Hot Sulphur Springs nixes idea of town marshal
April 28, 2015
A contentious and confrontational crowd showed up Thursday night, April 16, to the Hot Sulphur Springs Town Board meeting to express displeasure with the town's plans to appoint former Grand County Undersheriff John Stein as the new town marshal.
The meeting started with a lengthy public comment period during which residents questioned town officials' thinking regarding the possible creation of the position of either town marshal or code enforcement officer. The vast majority of those who made public comments spoke against the creation of the position, a few community residents spoke against the appointment of Stein to the position and fewer still spoke in favor of either creating the position or the appointment of Stein to fill the position.
Town resident Thad Scholl spoke early during the meeting.
"I personally do not believe we need a marshal or code enforcement officer," Scholl said. "There are far more important things like roads and water rates."
His sentiments were echoed by many who made public comments.
"I agree with Thad here on the position," said George Davis. "I think we can spend the money better in-house without creating another layer of government. We need better drainage."
Not everyone who spoke against the appointment was primarily concerned with monetary issues, though.
Bradley Ratchford was less circumspect .
"I have lived here for 22 years," he said. "I have felt safe here for years, but I have not felt safe anymore since John Stein shot someone in the streets of Hot Sulphur. I'm afraid of this man coming to my house to enforce codes. And I know that's what a lot of people around here are thinking even though they aren't saying it."

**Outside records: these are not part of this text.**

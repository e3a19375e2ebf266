-- ===== src/Aggregator/Names/RoundTrip.antt =====
-- `parse_tool_name` against `namespace_tool`.
use Prim.Native.Char.{Char}
use Prim.Native.String
use Prim.Native.String.{[], ◌∷◌}
use text.Mathlib.TextLemmas.{nil-append, cons-append}
use text.Mathlib.TextEquality.{Char-path}
use mathlib.Core.Option
use mathlib.Core.Path.{subst}
use vectorhawkd.Base.{
  String, ◌≡◌, ◌≢◌, refl, ap, ◌∙◌, none, some, arith, eq_iff, Bool-cases, inl, inr, false, true,
  ◌&&◌, Option-cases, sym,
}
use vectorhawkd.Aggregator.Names.{
  namespace_tool, parse_tool_name, split_separator, is_underscore, push_front,
}

-- The first separator of `id` and "__" stands at the end of `id`.
abbrev pub IsSeparable : String → Type 0
IsSeparable id = split_separator (String.◌++◌ id "_") ≡ none

abbrev underscore : Char
underscore = "_"

separator-append : (s : String) → String.◌++◌ "__" s ≡ underscore ∷ (underscore ∷ s)
separator-append s =
    cons-append underscore (underscore ∷ []) s
    ∙ ap (λ r. underscore ∷ r)
        (cons-append underscore [] s ∙ ap (λ r. underscore ∷ r) (nil-append s))

-- With the separator written out as two characters.
abbrev joined : String → String → String
joined id tool = String.◌++◌ id (underscore ∷ (underscore ∷ tool))

IsSeparable-cons :
    (c d : Char) (s : String)
    → IsSeparable (c ∷ (d ∷ s))
    → ((is_underscore c && is_underscore d) ≡ false) × IsSeparable (d ∷ s)
unfolding split_separator
IsSeparable-cons c d s h =
    let k : split_separator (c ∷ (d ∷ String.◌++◌ s "_")) ≡ none =
      rw cons-append at (rw cons-append at h) in
    (ground (arith, k), rw cons-append (ground (arith, k)))

split_separator-joined :
    (id tool : String) → IsSeparable id → split_separator (joined id tool) ≡ some (id, tool)
unfolding split_separator
split_separator-joined [] tool h = rw nil-append refl
split_separator-joined (c ∷ []) tool h =
    let k : split_separator (c ∷ "_") ≡ none =
      subst (λ r. split_separator (c ∷ r) ≡ none) (nil-append "_") (rw cons-append at h) in
    rw cons-append (rw nil-append (ground (arith, k)))
split_separator-joined (c ∷ (d ∷ s)) tool h =
    let (apart, rest) = IsSeparable-cons c d s h in
    let ih = split_separator-joined (d ∷ s) tool rest in
    rw cons-append (rw cons-append (ground (arith, apart, rw cons-append at ih)))

namespace_tool-eq-joined : (id tool : String) → namespace_tool id tool ≡ joined id tool
unfolding namespace_tool
namespace_tool-eq-joined id tool = ap (λ r. String.◌++◌ id r) (separator-append tool)

-- A proxied tool's name parses back to its server and tool, if neither part is empty and the
-- server's id followed by one underscore holds no separator.
pub parse_tool_name-namespace_tool :
    (id tool : String)
    → IsSeparable id
    → id ≢ ""
    → tool ≢ ""
    → parse_tool_name (namespace_tool id tool) ≡ some (id, tool)
unfolding parse_tool_name
parse_tool_name-namespace_tool id tool h p q = rw namespace_tool-eq-joined (
    rw (split_separator-joined id tool h, parse_tool_name)
      (ground (arith, eq_iff id "", eq_iff tool "")))

split_separator_sound_later :
    (c : Char) (a b s : String)
    → Option.map (push_front c) (split_separator s) ≡ some (a, b)
    → ((a' b' : String) → split_separator s ≡ some (a', b') → s ≡ joined a' b')
    → c ∷ s ≡ joined a b
split_separator_sound_later c a b s h sound = elim (Option-cases (split_separator s)) [
  | inl e ↦ absurd (ground (arith, e))
  | inr (found, e) ↦
      let p : a ≡ c ∷ found.0 = ground (arith, e) in
      let q : b ≡ found.1 = ground (arith, e) in
      rw (p, q) (rw cons-append (ap (λ r. c ∷ r) (sound found.0 found.1 (ground (arith, e)))))
]

underscore-eq : (c : Char) → is_underscore c ≡ true → c ≡ underscore
underscore-eq c h = Char-path c underscore (ground arith)

split_separator_sound : (s a b : String) → split_separator s ≡ some (a, b) → s ≡ joined a b
unfolding split_separator
split_separator_sound [] a b h = cc
split_separator_sound (c ∷ []) a b h = cc
split_separator_sound (c ∷ (d ∷ s)) a b h = elim (Bool-cases (is_underscore c && is_underscore d)) [
  | inl hit ↦
      let p : a ≡ "" = ground (arith, hit) in
      let q : b ≡ s = ground (arith, hit) in
      let u : c ≡ underscore = underscore-eq c (ground (arith, hit)) in
      let v : d ≡ underscore = underscore-eq d (ground (arith, hit)) in
      rw (p, q, u, v) (sym (nil-append _))
  | inr miss ↦
      split_separator_sound_later c a b (d ∷ s) (ground (arith, miss))
        (λ a' b'. split_separator_sound (d ∷ s) a' b')
]

-- Two proxied tools with one name are one tool of one server.
pub namespace_tool-injective :
    (id id' tool tool' : String)
    → IsSeparable id
    → IsSeparable id'
    → namespace_tool id tool ≡ namespace_tool id' tool'
    → (id ≡ id') × (tool ≡ tool')
namespace_tool-injective id id' tool tool' h h' e =
    let p = split_separator-joined id tool h in
    let q = split_separator-joined id' tool' h' in
    let r : joined id tool ≡ joined id' tool' =
      sym (namespace_tool-eq-joined id tool) ∙ e ∙ namespace_tool-eq-joined id' tool' in
    let t : some (id, tool) ≡ some (id', tool') = sym p ∙ ap split_separator r ∙ q in
    ground (arith, t)

-- A name that parses is the namespaced name of the two parts, and neither part is empty.
pub parse_tool_name_sound :
    (s id tool : String)
    → parse_tool_name s ≡ some (id, tool)
    → (s ≡ namespace_tool id tool) × (id ≢ "") × (tool ≢ "")
unfolding parse_tool_name
parse_tool_name_sound s id tool h = elim (Option-cases (split_separator s)) [
  | inl e ↦ absurd (ground (arith, e))
  | inr (found, e) ↦
      let p : found.0 ≡ id = ground (arith, e) in
      let q : found.1 ≡ tool = ground (arith, e) in
      let whole = split_separator_sound s found.0 found.1 (ground (arith, e)) in
      (
        rw (namespace_tool-eq-joined, ← p, ← q) whole,
        λ empty. ground (arith, e, eq_iff id ""),
        λ empty. ground (arith, e, eq_iff tool ""),
      )
]
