-- ===== src/Aggregator/Registry/Grants.antt =====
-- How many slots a registration grants, in closed form.
use Prim.Native.Nat.{min}
use vectorhawkd.Base.{
  ℕ, ◌+◌, ◌-◌, ◌≤◌, ◌≡◌, String, some, arith, length, lookup, lookup-insert_self,
}
use vectorhawkd.Aggregator.Budget.{ToolBudget, backend_tool_budget}
use vectorhawkd.Aggregator.Backend.{BackendEntry, visible_tools}
use vectorhawkd.Aggregator.Registry.{Registry, allot, truncate, register_backend}

abbrev pub IsWithin : ToolBudget → Type 0
IsWithin b = b.used ≤ backend_tool_budget

-- The slots are the visible tools, cut to what is left, and they are charged to the budget.
pub allot_lem :
    (b : ToolBudget) (id : String) (n : ℕ)
    → IsWithin b
    → ((allot b id n).1 ≡ min n (backend_tool_budget - b.used))
      × ((allot b id n).0.used ≡ b.used + min n (backend_tool_budget - b.used))
unfolding allot
allot_lem b id n h = ground arith

pub allot-IsWithin : (b : ToolBudget) (id : String) (n : ℕ) → IsWithin b → IsWithin (allot b id n).0
allot-IsWithin b id n h = omega (arith, (allot_lem b id n h).1)

-- A registered server is found again with its tools cut to the slots that were left, and the
-- budget grows by as many slots as were granted.
pub register_backend_lem :
    (now : ℕ) (e : BackendEntry) (r : Registry)
    → IsWithin r.budget
    → let slots = min (length (visible_tools e)) (backend_tool_budget - r.budget.used) in
      (lookup e.server_id (register_backend now e r).backends ≡ some (truncate slots e))
      × ((register_backend now e r).budget.used ≡ r.budget.used + slots)
unfolding register_backend
register_backend_lem now e r h =
    let (slots, used) = allot_lem r.budget e.server_id (length (visible_tools e)) h in
    (rw slots (lookup-insert_self _ _ _), used)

Ratchford was referencing an incident that occurred in April 2013 when Stein and his wife Heather Stein, an assistant district attorney, shot and killed Joshua Stevens during a physical struggle outside their home. The case was reviewed by the office of the District Attorney for the First Judicial District, which called the incident a case of self-defense.
Stein took a few moments during the public comments period to address issues directed at him. He pointed out that misinformation and rumors regarding the April 2013 incident continue to circulate, and that he was cleared by the Colorado Bureau of Investigation in the shooting.
Stein also discussed the reasons for creating a town marshal position and the advantages of creating a marshal position over a pure code enforcement officer, specifically highlighting the availability of grants to law enforcement that are not available to code enforcement.
The issue entered the public forum recently as the Hot Sulphur Springs Town Board began considering the creation of the position and named Stein as the prime candidate.
Board members spoke at length about their desire to create the position, what they felt was a need in Hot Sulphur Springs for more vigorous code enforcement and detailing the town's past efforts to improve code enforcement.
"I don't think code enforcement has been effective, or applied equally," said Board Member Hershal Deputy.
Previously Hot Sulphur Springs had contracted with the Granby Police Department to conduct code enforcement. Current Grand County Undersheriff Wayne Schafer had filled the role last year, under the auspices of the Granby PD.
As the board entered discussions regarding the marshal appointment, Mayor Bob McVay said, "I think it was overwhelmingly brought to our attention that the town is not in favor of a marshal and that the town is not in favor of a code enforcement officer."
Board member Christine Lee said, "I like a neat town and I think the town needs a code enforcement officer, but I will vote with what the majority of constituents in town want."
Grand County Sheriff Brett Schroetlin was on hand during the meeting and answered a number of questions from the board regarding Hot Sulphur Springs possibly contracting with the Sherriff's Office for code enforcement duties.
Schroetlin explained that Hot Sulphur Springs currently pays the Sheriff's Office $6,214 annually for dispatch fees and the town is a part of the GCSO deputies regular patrolling duties. During 2014 Schroetlin said there were 275 calls from Hot Sulphur Springs totaling about 137 man hours for the Sheriff's Office.
Schroetlin also pointed out that if the town created a marshal position, law enforcement responsibility for the community would fall under the authority of that position, regardless of how many hours per week the marshal would work. The board had been considering only a part-time marshal position.
The board took no action regarding the appointment of Stein or the creation of either a marshal or code enforcement officer's position. Board members said they are still interested in improving code enforcement for the community and want to find a solution to that end.
The board set a future workshop for discussing the need for greater code enforcement in Hot Sulphur Springs and any possible solutions for Thursday, May 14, at 6:30 p.m. at the Hot Sulphur Springs Town Hall. Community residents are invited to attend and provide their input.